> Problem
Your job with the data below is to output exactly the lines from the one holding "-- Returns the" down to the one holding "of_type [] step = true", both included, and no others.

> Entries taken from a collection

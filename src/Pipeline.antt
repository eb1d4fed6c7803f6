-- ===== src/Pipeline.antt =====
-- One run of the runtime: src/acabot/runtime/pipeline.py and the sending loop of outbox.py.
pub mod Outbox
pub mod Replies
pub mod Written
pub mod Left
pub mod Stale
pub mod Finish
pub mod Execute
pub mod Settled
pub mod Sent
mod Tests
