-- ===== src/Runs/Memory.antt =====
-- InMemoryRunManager of src/acabot/runtime/storage/runs.py.
use aca_bot.Prelude.{
  ℕ, ◌+◌, max, String, Bool, true, false, ◌||◌, Option, none, some, List, [], ◌∷◌, ◌++◌, str_eq,
  if◌then◌else◌, Dict, lookup, insert, values, keep, sort, ◌==◌, is_some,
}
use aca_bot.Errors.{Result, ok, err, key_error}
use aca_bot.Runs.Records.{
  RunStatus, RunRecord, RunStep, Opening, opened, Mark, apply_mark, contains, has_status, is_active,
  by_seq, by_time, newest_first, limited, last_slice,
}

pub record Memory : Type 0 where
  pub runs : Dict RunRecord
  pub steps : Dict (List RunStep)
  pub next_step_seq : Dict ℕ
  pub cancel_requested : List String

abbrev pub init : Memory
init = record { runs = []; steps = []; next_step_seq = []; cancel_requested = [] }

-- `run_id` is what `_new_id()` returns.
unfoldable pub open_run : Opening → (run_id : String) → Memory → Memory
open_run o run_id m = record m {
  runs = insert run_id (opened o run_id) m.runs;
  steps = insert run_id [] m.steps;
  next_step_seq = insert run_id 1 m.next_step_seq;
}

unfoldable pub get : String → Memory → Option RunRecord
get run_id m = lookup run_id m.runs

-- A `mark_…` method.
unfoldable pub mark : String → Mark → Memory → Result (Unit {0}) × Memory
mark run_id k m = elim (lookup run_id m.runs) [
  | none ↦ (err key_error, m)
  | some run ↦ (ok tt, record m { runs = insert run_id (apply_mark k run) m.runs })
]

abbrev pub or_one : Option ℕ → ℕ
or_one none = 1
or_one (some n) = n

abbrev pub or_empty : Option (List RunStep) → List RunStep
or_empty none = []
or_empty (some l) = l

-- The step with its number, which is assigned where the caller gave none.
unfoldable pub numbered : RunStep → ℕ → RunStep
numbered step next = if step.step_seq == 0 then record step { step_seq = next } else step

abbrev pub record_step : RunStep → Memory → Memory
record_step step m = record m {
  next_step_seq =
      insert step.run_id (max (or_one (lookup step.run_id m.next_step_seq)) (step.step_seq + 1))
        m.next_step_seq;
  steps = insert step.run_id (or_empty (lookup step.run_id m.steps) ++ step ∷ []) m.steps;
}

-- Returns the number of the step, which is written to the caller's object.
unfoldable pub append_step : RunStep → Memory → Result ℕ × Memory
unfolding numbered
append_step step m = elim (lookup step.run_id m.runs) [
  | none ↦ (err key_error, m)
  | some run ↦
      let s = numbered step (or_one (lookup step.run_id m.next_step_seq)) in
      (ok s.step_seq, record_step s m)
]

unfoldable pub list_active : Memory → List RunRecord
unfolding is_active
list_active m = keep (λ (run : RunRecord). is_active run.status) (values m.runs)

-- An empty set of statuses and an empty thread id filter nothing.
abbrev pub wanted : List RunStatus → String → RunRecord → Bool
wanted [] thread_id run = str_eq thread_id "" || str_eq run.thread_id thread_id
wanted (s ∷ statuses) thread_id run =
    if has_status (s ∷ statuses) run.status
    then str_eq thread_id "" || str_eq run.thread_id thread_id
    else false

unfoldable pub list_runs : Option ℕ → List RunStatus → String → Memory → List RunRecord
unfolding has_status
list_runs limit statuses thread_id m =
    limited limit (sort newest_first (keep (wanted statuses thread_id) (values m.runs)))

abbrev pub of_type : List String → RunStep → Bool
of_type [] step = true
of_type (t ∷ types) step = contains (t ∷ types) step.step_type

abbrev sliced : Option ℕ → Bool → List RunStep → List RunStep
sliced none latest steps = steps
sliced (some n) true steps = last_slice n steps
sliced (some n) false steps = limited (some n) steps

unfoldable pub list_steps : String → Option ℕ → List String → Bool → Memory → List RunStep
unfolding contains
list_steps run_id limit types latest m =
    sliced limit latest (sort by_seq (keep (of_type types) (or_empty (lookup run_id m.steps))))

abbrev all_steps : List (List RunStep) → List RunStep
all_steps [] = []
all_steps (items ∷ rest) = items ++ all_steps rest

unfoldable pub list_thread_steps : String → Option ℕ → List String → Bool → Memory → List RunStep
unfolding contains
list_thread_steps thread_id limit types latest m = sliced limit latest (
    sort by_time (
      keep (of_type types)
        (keep (λ (step : RunStep). str_eq step.thread_id thread_id) (all_steps (values m.steps)))))

unfoldable pub cancel : String → Memory → Bool × Memory
cancel run_id m =
    if is_some (lookup run_id m.runs)
    then (true, record m { cancel_requested = run_id ∷ m.cancel_requested })
    else (false, m)

unfoldable pub is_cancel_requested : String → Memory → Bool
unfolding contains
is_cancel_requested run_id m = contains m.cancel_requested run_id
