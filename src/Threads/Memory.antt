-- ===== src/Threads/Memory.antt =====
-- `InMemoryThreadManager` of src/acabot/runtime/storage/threads.py. The state is the dict of the
-- thread objects, so that an object which a client changes is the one in the dict.
use aca_bot.Prelude.{
  ℕ, String, Bool, ◌||◌, ◌&&◌, Option, none, some, List, [], Dict, lookup, insert, values, ltb,
  ◌==◌, if◌then◌else◌, sort, str_geb, take,
}
use aca_bot.Threads.Records.{ThreadState, is_text}

abbrev pub Threads : Type 0
Threads = Dict ThreadState

-- The arguments of `get_or_create`.
pub record Touch : Type 0 where
  pub thread_id : String
  pub channel_scope : String
  pub thread_kind : String
  pub last_event_at : ℕ

unfoldable pub created : Touch → ThreadState
created t = record {
  thread_id = t.thread_id;
  channel_scope = t.channel_scope;
  thread_kind = t.thread_kind;
  working_messages = [];
  working_summary = "";
  last_event_at = t.last_event_at;
  metadata = [];
}

-- What `get_or_create` changes of a thread that is there.
unfoldable pub touched : Touch → ThreadState → ThreadState
unfolding is_text
touched t thread = record thread {
  last_event_at =
      if ltb thread.last_event_at t.last_event_at then t.last_event_at else thread.last_event_at;
  channel_scope = if is_text t.channel_scope then t.channel_scope else thread.channel_scope;
  thread_kind = if is_text t.thread_kind then t.thread_kind else thread.thread_kind;
}

unfoldable pub get : String → Threads → Option ThreadState
get thread_id m = lookup thread_id m

unfoldable pub get_or_create : Touch → Threads → ThreadState × Threads
unfolding lookup insert touched created
get_or_create t m = elim (lookup t.thread_id m) [
  | none ↦ (created t, insert t.thread_id (created t) m)
  | some thread ↦ (touched t thread, insert t.thread_id (touched t thread) m)
]

unfoldable pub save : ThreadState → Threads → Threads
unfolding insert
save thread m = insert thread.thread_id thread m

-- By `(last_event_at, thread_id)`, greatest first.
abbrev pub latest_first : ThreadState → ThreadState → Bool
latest_first a b =
    ltb b.last_event_at a.last_event_at
    || (a.last_event_at == b.last_event_at && str_geb a.thread_id b.thread_id)

abbrev pub up_to {ℓ} : {A : Type ℓ} → Option ℕ → List A → List A
up_to none xs = xs
up_to (some n) xs = take n xs

unfoldable pub list_threads : Option ℕ → Threads → List ThreadState
unfolding sort
list_threads limit m = up_to limit (sort latest_first (values m))
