-- ===== src/Pipeline/Outbox.antt =====
-- `Outbox.send_items` of src/acabot/runtime/outbox.py. The preparation of an action, the gateway and
-- the message store are functions of the number of the item.
use aca_bot.Prelude.{
  ℕ, suc, String, Bool, true, false, Option, none, some, List, [], ◌∷◌, ◌++◌, if◌then◌else◌, str_eq,
}
use aca_bot.Errors.{Error, Result, ok, err}

pub data ActionType : Type 0 where
  send_text send_segments send_message_intent control : ActionType

pub record OutboxItem : Type 0 where
  pub action_id : String
  pub action_type : ActionType
  pub thread_content : String
  pub destination_thread_id : String
  pub destination_conversation_id : String

pub record DeliveryResult : Type 0 where
  pub action_id : String
  pub is_ok : Bool
  pub platform_message_id : String
  pub error : Option String

pub record DispatchReport : Type 0 where
  pub results : List DeliveryResult
  pub delivered_items : List OutboxItem
  pub failed_action_ids : List String

abbrev pub empty_report : DispatchReport
empty_report = record { results = []; delivered_items = []; failed_action_ids = [] }

abbrev pub has_failures : DispatchReport → Bool
has_failures report = elim report.failed_action_ids [ [] ↦ false | id ∷ ids ↦ true ]

-- What the gateway answers: nothing, a refusal with its text, or the id of the message.
pub data Ack : Type 0 where
  no_ack : Ack
  negative success : String → Ack

-- What is outside: the text for the thread that the preparation finds, the gateway, the store.
pub record Channel : Type 0 where
  pub prepare : (item : ℕ) → OutboxItem → Result String
  pub send : (item : ℕ) → OutboxItem → Result Ack
  pub persist : (item : ℕ) → OutboxItem → DeliveryResult → Result (Unit {0})
  pub error_text : Error → String

-- `_materialize_item` makes a list of segments of an intent.
abbrev pub materialized : ActionType → ActionType
materialized send_text = send_text
materialized send_segments = send_segments
materialized send_message_intent = send_segments
materialized control = control

abbrev pub should_persist_action : ActionType → Bool
should_persist_action send_text = true
should_persist_action send_segments = true
should_persist_action send_message_intent = false
should_persist_action control = false

-- A failure at the end of the report.
abbrev pub failed : String → String → DispatchReport → DispatchReport
failed action_id error report = record report {
  results =
      report.results
      ++ record {
        action_id = action_id;
        is_ok = false;
        platform_message_id = "";
        error = some error;
      }
        ∷ [];
  failed_action_ids = report.failed_action_ids ++ action_id ∷ [];
}

abbrev pub delivery : String → String → DeliveryResult
delivery action_id platform_message_id = record {
  action_id = action_id;
  is_ok = true;
  platform_message_id = platform_message_id;
  error = none;
}

abbrev pub delivered : OutboxItem → DeliveryResult → DispatchReport → DispatchReport
delivered item result report = record report {
  results = report.results ++ result ∷ [];
  delivered_items = report.delivered_items ++ item ∷ [];
}

module _ (channel : Channel) where
  abbrev saved : String → Result (Unit {0}) → DispatchReport → DispatchReport
  saved action_id (ok done) report = report
  saved action_id (err e) report = failed action_id (channel.error_text e) report

  -- An error while the message is saved is caught with the others.
  unfoldable pub acknowledged :
      (number : ℕ) → OutboxItem → Result Ack → DispatchReport → DispatchReport
  acknowledged number item (err e) report = failed item.action_id (channel.error_text e) report
  acknowledged number item (ok no_ack) report = failed item.action_id "no_ack" report
  acknowledged number item (ok (negative msg)) report =
      failed item.action_id (if str_eq msg "" then "negative_ack" else msg) report
  acknowledged number item (ok (success platform_message_id)) report =
      let result = delivery item.action_id platform_message_id in
      let sent = delivered item result report in
      if should_persist_action item.action_type
      then saved item.action_id (channel.persist number item result) sent
      else sent

  unfoldable pub prepared :
      (number : ℕ) → OutboxItem → Result String → DispatchReport → DispatchReport
  unfolding acknowledged
  prepared number item (err e) report = failed item.action_id (channel.error_text e) report
  prepared number item (ok content) report =
      let ready = record item {
        thread_content = content;
        action_type = materialized item.action_type;
      } in
      acknowledged number ready (channel.send number ready) report

  unfoldable pub send_from : (number : ℕ) → List OutboxItem → DispatchReport → DispatchReport
  unfolding prepared
  send_from number [] report = report
  send_from number (item ∷ items) report =
      send_from (suc number) items (prepared number item (channel.prepare number item) report)

  unfoldable pub send_items : List OutboxItem → DispatchReport
  unfolding send_from
  send_items items = send_from 0 items empty_report
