-- ===== src/Pipeline/Replies.antt =====
-- `ThreadPipeline._update_thread_after_send` and `_append_incoming_message` of
-- src/acabot/runtime/pipeline.py, with the in-memory thread manager, whose dict holds the objects
-- that the pipeline changes: a save of one of them changes nothing.
use aca_bot.Prelude.{
  ℕ, String, false, none, some, List, [], ◌∷◌, ◌++◌, if◌then◌else◌, not, lookup, insert,
}
use aca_bot.Runs.Records.{contains}
use aca_bot.Threads.Records.{Message, plain, ThreadState, is_text}
use aca_bot.Threads.Memory.{Threads, get_or_create}
use aca_bot.Pipeline.Outbox.{OutboxItem}

abbrev pub message : (role content : String) → Message
message role content = record {
  role = role;
  content = plain content;
  tool_calls = none;
  tool_call_id = none;
  pinned = false;
  rest = [];
}

-- A message at the end of a thread.
abbrev pub append_message : Message → (now : ℕ) → ThreadState → ThreadState
append_message new now thread = record thread {
  working_messages = thread.working_messages ++ new ∷ [];
  last_event_at = now;
}

-- The thread of the id, if it is there, with the message.
unfoldable pub append_to : String → Message → (now : ℕ) → Threads → Threads
unfolding lookup insert
append_to thread_id new now m = elim (lookup thread_id m) [
  | none ↦ m
  | some thread ↦ insert thread_id (append_message new now thread) m
]

-- `get_or_create` for a destination that has not come up yet.
unfoldable pub destination : OutboxItem → (now : ℕ) → (seen : List String) → Threads → Threads
unfolding contains get_or_create
destination item now seen m =
    if contains seen item.destination_thread_id
    then m
    else (get_or_create
        (record {
          thread_id = item.destination_thread_id;
          channel_scope = item.destination_conversation_id;
          thread_kind = "channel";
          last_event_at = now;
        })
        m).1

-- The loop over the delivered items; `seen` are the keys of `destination_threads`, and the thread of
-- the run.
unfoldable pub update_threads :
    (now : ℕ) → List OutboxItem → (seen : List String) → Threads → Threads
unfolding is_text append_to destination
update_threads now [] seen m = m
update_threads now (item ∷ items) seen m =
    let skipped = update_threads now items seen m in
    let reply = message "assistant" item.thread_content in
    let written = append_to item.destination_thread_id reply now (destination item now seen m) in
    let rest = update_threads now items (item.destination_thread_id ∷ seen) written in
    if not (is_text item.thread_content) then skipped else rest

unfoldable pub update_thread_after_send :
    (thread_id : String) → (now : ℕ) → List OutboxItem → Threads → Threads
unfolding update_threads
update_thread_after_send thread_id now items m = update_threads now items (thread_id ∷ []) m

unfoldable pub append_incoming_message :
    (thread_id content : String) → (now : ℕ) → Threads → Threads
unfolding append_to
append_incoming_message thread_id content now m = append_to thread_id (message "user" content) now m
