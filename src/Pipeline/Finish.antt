-- ===== src/Pipeline/Finish.antt =====
-- `ThreadPipeline._finish_run` of src/acabot/runtime/pipeline.py: how a run ends. The token usage is
-- left out. `now` is what the run manager's clock says.
use aca_bot.Prelude.{
  ℕ, String, Bool, true, Option, none, some, List, [], ◌∷◌, map, if◌then◌else◌, not, ◌&&◌, str_eq,
}
use aca_bot.Runs.Records.{
  Payload, Mark, mark_waiting_approval, mark_completed, mark_completed_with_errors, mark_failed,
  contains,
}
use aca_bot.Pipeline.Outbox.{OutboxItem, DispatchReport, has_failures}

-- `context` is the approval context that is written out of its fields.
pub record PendingApproval : Type 0 where
  pub reason : String
  pub required_action_ids : List String
  pub context : Payload

pub data ResponseStatus : Type 0 where
  completed waiting_approval failed : ResponseStatus

pub record Response : Type 0 where
  pub status : ResponseStatus
  pub actions : List OutboxItem
  pub error : Option String
  pub pending_approval : Option PendingApproval

-- What the tool broker is told before the run is marked.
pub data Audit : Type 0 where
  no_audit confirm_pending_approval : Audit
  fail_pending_approval : (error : String) → Audit

-- Whether all texts are in the list.
unfoldable pub includes : List String → List String → Bool
unfolding contains
includes have [] = true
includes have (x ∷ xs) = contains have x && includes have xs

abbrev pub text_or : String → Option String → String
text_or default none = default
text_or default (some s) = if str_eq s "" then default else s

abbrev pub action_ids : List OutboxItem → List String
action_ids = map (λ (item : OutboxItem). item.action_id)

unfoldable pub finish_waiting :
    Option PendingApproval → (is_child_run : Bool) → DispatchReport → (now : ℕ) → Audit × Mark
unfolding includes
finish_waiting none is_child_run report now =
    (no_audit, mark_failed "approval requested without pending_approval context" now)
finish_waiting (some pending) is_child_run report now =
    if is_child_run
    then (
      fail_pending_approval "subagent child run cannot enter waiting_approval",
      mark_failed "subagent child run cannot enter waiting_approval" now,
    )
    else if not (includes (action_ids report.delivered_items) pending.required_action_ids)
    then (
      fail_pending_approval "approval prompt not delivered",
      mark_failed "approval prompt not delivered" now,
    )
    else (confirm_pending_approval, mark_waiting_approval pending.reason pending.context)

unfoldable pub finish_response :
    ResponseStatus → Response → (is_child_run : Bool) → DispatchReport → (now : ℕ) → Audit × Mark
unfolding finish_waiting
finish_response waiting_approval response is_child_run report now =
    finish_waiting response.pending_approval is_child_run report now
finish_response failed response is_child_run report now =
    (no_audit, mark_failed (text_or "agent runtime failed" response.error) now)
finish_response completed response is_child_run report now =
    if has_failures report
    then (no_audit, mark_completed_with_errors "partial delivery failure" now)
    else (no_audit, mark_completed now)

unfoldable pub finish_run :
    Option Response → (is_child_run : Bool) → DispatchReport → (now : ℕ) → Audit × Mark
unfolding finish_response
finish_run none is_child_run report now = (no_audit, mark_failed "missing runtime response" now)
finish_run (some response) is_child_run report now =
    finish_response response.status response is_child_run report now
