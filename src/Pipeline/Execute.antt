-- ===== src/Pipeline/Execute.antt =====
-- `ThreadPipeline.execute` of src/acabot/runtime/pipeline.py, with the in-memory managers of runs and
-- threads. Each stage that calls other components may raise.
use aca_bot.Prelude.{ℕ, String, Bool, true, false, Option, none, some, List, [], if◌then◌else◌, map}
use aca_bot.Errors.{Error, Result, ok, err}
use aca_bot.Tasks.{Task, ◌>>=◌, ◌>>◌, lift, attempt}
use aca_bot.Runs.Records.{Mark, mark_running, mark_completed, mark_failed}
use aca_bot.Runs.Memory
use aca_bot.Runs.Memory.{Memory}
use aca_bot.Threads.Memory.{Threads}
use aca_bot.Pipeline.Outbox.{OutboxItem, DispatchReport, Channel, delivery, send_items}
use aca_bot.Pipeline.Replies.{append_incoming_message, update_thread_after_send}
use aca_bot.Pipeline.Finish.{
  Response, Audit, no_audit, confirm_pending_approval, fail_pending_approval, completed, finish_run,
}

pub data Stage : Type 0 where
  on_event prepare_run_context prepare_message compact retrieval memories pre_agent agent post_agent
        before_send build_items on_sent save_thread audit :
      Stage

-- The context of a run, and what the components that it calls do.
pub record RunContext : Type 0 where
  pub run_id : String
  pub thread_id : String
  pub user_content : String
  pub timestamp : ℕ
  pub record_only : Bool
  pub deliver_actions : Bool
  pub is_child_run : Bool
  pub skip_agent : Bool
  pub planned_actions : List OutboxItem
  pub response : Response
  pub compaction : Threads → Threads
  pub channel : Channel
  pub fault : Stage → Option Error
  pub crash_text : Error → String
  pub now : ℕ

pub record World : Type 0 where
  pub runs : Memory
  pub threads : Threads

-- The report of a run whose actions stay inside.
unfoldable pub internal_delivery_report : List OutboxItem → DispatchReport
internal_delivery_report items = record {
  results = map (λ (item : OutboxItem). delivery item.action_id "") items;
  delivered_items = items;
  failed_action_ids = [];
}

module _ (ctx : RunContext) where
  abbrev pub stage : Stage → Task World (Unit {0})
  stage s w = elim (ctx.fault s) [ none ↦ (ok tt, w) | some e ↦ (err e, w) ]

  abbrev pub change_threads : (Threads → Threads) → Task World (Unit {0})
  change_threads f w = (ok tt, record w { threads = f w.threads })

  unfoldable pub mark : Mark → Task World (Unit {0})
  unfolding Memory.mark
  mark k w =
      let (result, runs) = Memory.mark ctx.run_id k w.runs in (result, record w { runs = runs })

  abbrev pub actions : List OutboxItem
  actions = if ctx.skip_agent then ctx.planned_actions else ctx.response.actions

  abbrev pub final_response : Response
  final_response =
      if ctx.skip_agent
      then record { status = completed; actions = actions; error = none; pending_approval = none }
      else ctx.response

  unfoldable pub delivery_report : DispatchReport
  unfolding send_items internal_delivery_report
  delivery_report =
      if ctx.deliver_actions
      then send_items ctx.channel actions
      else internal_delivery_report actions

  abbrev is_audit : Audit → Bool
  is_audit no_audit = false
  is_audit confirm_pending_approval = true
  is_audit (fail_pending_approval error) = true

  abbrev pub audited : Audit → Task World (Unit {0})
  audited a = if is_audit a then stage audit else lift (ok tt)

  abbrev pub agent_stage : Task World (Unit {0})
  agent_stage = if ctx.skip_agent then lift (ok tt) else stage agent

  unfoldable pub deliver : Task World (Unit {0})
  deliver =
      if ctx.deliver_actions
      then (do stage before_send; stage build_items; stage on_sent)
      else stage build_items

  unfoldable pub finish : Task World (Unit {0})
  unfolding finish_run mark delivery_report
  finish =
      let (a, k) = finish_run (some final_response) ctx.is_child_run delivery_report ctx.now in
      do audited a; mark k

  unfoldable pub record_message : Task World (Unit {0})
  unfolding mark
  record_message = do stage save_thread; mark (mark_completed ctx.now)

  unfoldable pub reply : Task World (Unit {0})
  unfolding deliver finish update_thread_after_send delivery_report
  reply = do
    stage compact
    change_threads ctx.compaction
    stage retrieval
    stage memories
    stage pre_agent
    agent_stage
    stage post_agent
    deliver
    change_threads
        (update_thread_after_send ctx.thread_id ctx.timestamp delivery_report.delivered_items)
    stage save_thread
    finish

  -- The `try` block.
  unfoldable pub run_stages : Task World (Unit {0})
  unfolding record_message reply append_incoming_message
  run_stages = do
    stage on_event
    stage prepare_run_context
    stage prepare_message
    change_threads (append_incoming_message ctx.thread_id ctx.user_content ctx.timestamp)
    if ctx.record_only then record_message else reply

  -- The `except` block: an error while the run is marked is only logged.
  unfoldable pub crashed : Result (Unit {0}) → Task World (Unit {0})
  unfolding mark
  crashed (ok done) = lift (ok tt)
  crashed (err e) = λ w. (ok tt, (mark (mark_failed (ctx.crash_text e) ctx.now) w).1)

  unfoldable pub execute : Task World (Unit {0})
  unfolding mark run_stages crashed
  execute = do mark mark_running; done ← attempt run_stages; crashed done
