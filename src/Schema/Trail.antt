-- ===== src/Schema/Trail.antt =====
-- internal/audit/audit.go: the facts that a domain states, and the rows of the trail.
use pilam.Prelude.{String}
use pilam.Prelude.Text.{Text}
use pilam.Date.Gregorian.{Time}
use pilam.Ids.{Uuid}

pub record Change : Type 0 where
  pub entity : String
  pub entity_id : Uuid
  pub action : String
  pub field_key : String
  pub old : Text
  pub new : Text

pub record Entry : Type 0 where
  pub id : Uuid
  pub at : Time
  pub actor_id : Uuid
  pub entity : String
  pub entity_id : Uuid
  pub action : String
  pub field_key : String
  pub old : Text
  pub new : Text
  pub request_id : Text
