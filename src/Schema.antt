-- ===== src/Schema.antt =====
-- The rows of the program, and the database that holds them (db/migrations). A row has the fields of
-- the Go struct that the adapters of internal/postgres turn it into.
mod Accounts
mod Catalog
mod Calendar
mod Trail
pub use Accounts.*
pub use Catalog.*
pub use Calendar.*
pub use Trail.*
use pilam.Prelude.{List}

pub record Tables : Type 0 where
  pub users : List User
  pub seasons : List Season
  pub drops : List Drop
  pub models : List Model
  pub photos : List Photo
  pub types : List MilestoneType
  pub templates : List Template
  pub items : List TemplateItem
  pub milestones : List Milestone
  pub trail : List Entry
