-- ===== src/Validate.antt =====
-- internal/platform/validate/validate.go: a validator accumulates rejections, one for each field.
-- A check returns the new validator and its answer.
use pilam.Prelude.{
  ℕ, ℤ, ◌≡◌, String, Bool, true, false, not, Option, none, some, List, [], ◌∷◌, ◌++◌, length, ltb,
  ltb_ℤ, pos, if◌then◌else◌, ◌==◌, ◌!=◌, String_eq, List_eq, ℕ_eq, any,
}
use pilam.Prelude.Text.{Text, trim_space, itoa}
use pilam.Errors.{
  Code, FieldError, FieldErrors, Error, rejected, required, too_long, too_short, too_small, too_big,
  not_allowed,
}
pub mod Laws

-- `FieldErrors.Get`
unfoldable pub get : FieldErrors → String → Option FieldError
get [] name = none
get (e ∷ errs) name = if e.field == name then some e else get errs name

-- `Fail`
abbrev pub fail : String → Code → Error
fail name code = rejected (record { field = name; code = code; arg = [] } ∷ [])

-- `Validator` holds its errors and nothing else.
pub record Validator : Type 0 where
  pub errs : FieldErrors

-- The zero value.
abbrev pub ready : Validator
ready = record { errs = [] }

abbrev is_some : Option FieldError → Bool
is_some none = false
is_some (some e) = true

unfoldable pub has : Validator → String → Bool
unfolding get
has v name = is_some (get v.errs name)

unfoldable pub add : Validator → String → Code → Text → Validator
unfolding has
add v name code arg =
    if has v name
    then v
    else record { errs = v.errs ++ record { field = name; code = code; arg = arg } ∷ [] }

-- What a check answers: the validator after it, and whether the field is free of rejections.
abbrev pub answer : Validator → String → Validator × Bool
answer v name = (v, not (has v name))

unfoldable pub check : Validator → Bool → String → Code → Validator × Bool
unfolding add
check v passed name code = answer (if passed then v else add v name code []) name

unfoldable pub require : Validator → String → Text → Validator × Bool
unfolding check
require v name value = check v (trim_space value != []) name required

-- `utf8.RuneCountInString` is the length of the text.
unfoldable pub max_len : Validator → String → Text → ℕ → Validator × Bool
unfolding add
max_len v name value limit =
    answer (if ltb limit (length value) then add v name too_long (itoa (pos limit)) else v) name

unfoldable pub min_len : Validator → String → Text → ℕ → Validator × Bool
unfolding add
min_len v name value limit =
    answer (if ltb (length value) limit then add v name too_short (itoa (pos limit)) else v) name

unfoldable pub at_least : Validator → String → ℤ → ℤ → Validator × Bool
unfolding add
at_least v name n limit =
    answer (if ltb_ℤ n limit then add v name too_small (itoa limit) else v) name

unfoldable pub at_most : Validator → String → ℤ → ℤ → Validator × Bool
unfolding add
at_most v name n limit = answer (if ltb_ℤ limit n then add v name too_big (itoa limit) else v) name

unfoldable one_of : Validator → String → Text → List Text → Validator × Bool
unfolding check
one_of v name value allowed = check v (any (λ t. t == value) allowed) name not_allowed

-- `Validator.Err`
unfoldable pub err_of : FieldErrors → Option Error
err_of [] = none
err_of (e ∷ errs) = some (rejected (e ∷ errs))

-- `From`, which finds no field errors in any other error.
unfoldable pub from : Error → FieldErrors
from (rejected errs) = errs
from _ = []

unfoldable pub add_all : Validator → FieldErrors → Validator
unfolding add
add_all v [] = v
add_all v (e ∷ errs) = add_all (add v e.field e.code e.arg) errs

-- `Merge`, where the error may be nil.
unfoldable pub merge : Validator → Option Error → Validator
unfolding add_all from
merge v none = v
merge v (some e) = add_all v (from e)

> Task answer
-- Returns the number of the step, which is written to the caller's object.
unfoldable pub append_step : RunStep → Memory → Result ℕ × Memory
unfolding numbered
append_step step m = elim (lookup step.run_id m.runs) [
  | none ↦ (err key_error, m)
  | some run ↦
      let s = numbered step (or_one (lookup step.run_id m.next_step_seq)) in
      (ok s.step_seq, record_step s m)
]

unfoldable pub list_active : Memory → List RunRecord
unfolding is_active
list_active m = keep (λ (run : RunRecord). is_active run.status) (values m.runs)

-- An empty set of statuses and an empty thread id filter nothing.
abbrev pub wanted : List RunStatus → String → RunRecord → Bool
wanted [] thread_id run = str_eq thread_id "" || str_eq run.thread_id thread_id
wanted (s ∷ statuses) thread_id run =
    if has_status (s ∷ statuses) run.status
    then str_eq thread_id "" || str_eq run.thread_id thread_id
    else false

unfoldable pub list_runs : Option ℕ → List RunStatus → String → Memory → List RunRecord
unfolding has_status
list_runs limit statuses thread_id m =
    limited limit (sort newest_first (keep (wanted statuses thread_id) (values m.runs)))

abbrev pub of_type : List String → RunStep → Bool
of_type [] step = true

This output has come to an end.